• **Entries taken from a collection**:
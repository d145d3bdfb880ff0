-- ===== src/Base/PickleItems/Examples.antt =====
-- The theorems on items at concrete inputs.
use lib_hh_old.Common.{◌≡◌, arith, true, some, List, [], ◌∷◌, map, All}
use lib_hh_old.Common.Bytes.{le_bytes, wide_bytes}
use lib_hh_old.Common.Int.{negsuc}
use lib_hh_old.Base.Pickle.{Pickle, new_pickle}
use lib_hh_old.Base.Pickle.Write.{Writes}
use lib_hh_old.Base.Pickle.Plain.{plain, seven, seven_block, seven-IsOwned}
use lib_hh_old.Base.PickleIterator.{PickleIterator, iterate}
use lib_hh_old.Base.PickleItems.{
  Item, Fits, bool, int, uint16, word64, string, string16, encode, kind, write_item,
}
use lib_hh_old.Base.PickleItems.Write.{write_item-Writes}
use lib_hh_old.Base.PickleItems.RoundTrip.{write_items, read_items, read_items-write_items}

abbrev items : List Item
items =
    bool true
    ∷ int (negsuc 4)
    ∷ uint16 513
    ∷ word64 0x1_0000_0002
    ∷ string (104 ∷ 105 ∷ [])
    ∷ string16 (0x20ac ∷ [])
    ∷ []

items-Fits : All Fits items
items-Fits = (
  tt,
  (
    omega arith,
    (omega arith, (omega arith, (omega arith, ((omega arith, (omega arith, tt)), tt)))),
  ),
)

write_item-Writes_example :
    Writes seven seven_block
      (encode (string (1 ∷ 2 ∷ [])))
      (write_item plain seven (string (1 ∷ 2 ∷ [])))
unfolding encode le_bytes
write_item-Writes_example =
    write_item-Writes plain seven seven_block seven-IsOwned (string (1 ∷ 2 ∷ [])) (omega arith)
      (omega arith)

read_items-write_items_example :
    (p : Pickle) × (q : Pickle) × (it : PickleIterator) × (new_pickle plain ≡ some p)
    × (write_items plain p items ≡ some (q, true))
    × (read_items (map kind items) (iterate q) ≡ (some items, it))
    × (it.read_index ≡ it.end_index)
unfolding encode le_bytes wide_bytes
read_items-write_items_example = read_items-write_items plain items items-Fits (omega arith)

• **WORK ITEM**:
Please output each entry above exactly, leaving nothing out.

• **THE ANSWER**:
repository d145d3bdfb880ff0
-- ===== src/Base/PickleItems/Examples.antt =====
-- The theorems on items at concrete inputs.
use lib_hh_old.Common.{◌≡◌, arith, true, some, List, [], ◌∷◌, map, All}
use lib_hh_old.Common.Bytes.{le_bytes, wide_bytes}
use lib_hh_old.Common.Int.{negsuc}
use lib_hh_old.Base.Pickle.{Pickle, new_pickle}
use lib_hh_old.Base.Pickle.Write.{Writes}
use lib_hh_old.Base.Pickle.Plain.{plain, seven, seven_block, seven-IsOwned}
use lib_hh_old.Base.PickleIterator.{PickleIterator, iterate}
use lib_hh_old.Base.PickleItems.{
  Item, Fits, bool, int, uint16, word64, string, string16, encode, kind, write_item,
}
use lib_hh_old.Base.PickleItems.Write.{write_item-Writes}
use lib_hh_old.Base.PickleItems.RoundTrip.{write_items, read_items, read_items-write_items}

abbrev items : List Item
items =
    bool true
    ∷ int (negsuc 4)
    ∷ uint16 513
    ∷ word64 0x1_0000_0002
    ∷ string (104 ∷ 105 ∷ [])
    ∷ string16 (0x20ac ∷ [])
    ∷ []

items-Fits : All Fits items
items-Fits = (
  tt,
  (
    omega arith,
    (omega arith, (omega arith, (omega arith, ((omega arith, (omega arith, tt)), tt)))),
  ),
)

write_item-Writes_example :
    Writes seven seven_block
      (encode (string (1 ∷ 2 ∷ [])))
      (write_item plain seven (string (1 ∷ 2 ∷ [])))
unfolding encode le_bytes
write_item-Writes_example =
    write_item-Writes plain seven seven_block seven-IsOwned (string (1 ∷ 2 ∷ [])) (omega arith)
      (omega arith)

read_items-write_items_example :
    (p : Pickle) × (q : Pickle) × (it : PickleIterator) × (new_pickle plain ≡ some p)
    × (write_items plain p items ≡ some (q, true))
    × (read_items (map kind items) (iterate q) ≡ (some items, it))
    × (it.read_index ≡ it.end_index)
unfolding encode le_bytes wide_bytes
read_items-write_items_example = read_items-write_items plain items items-Fits (omega arith)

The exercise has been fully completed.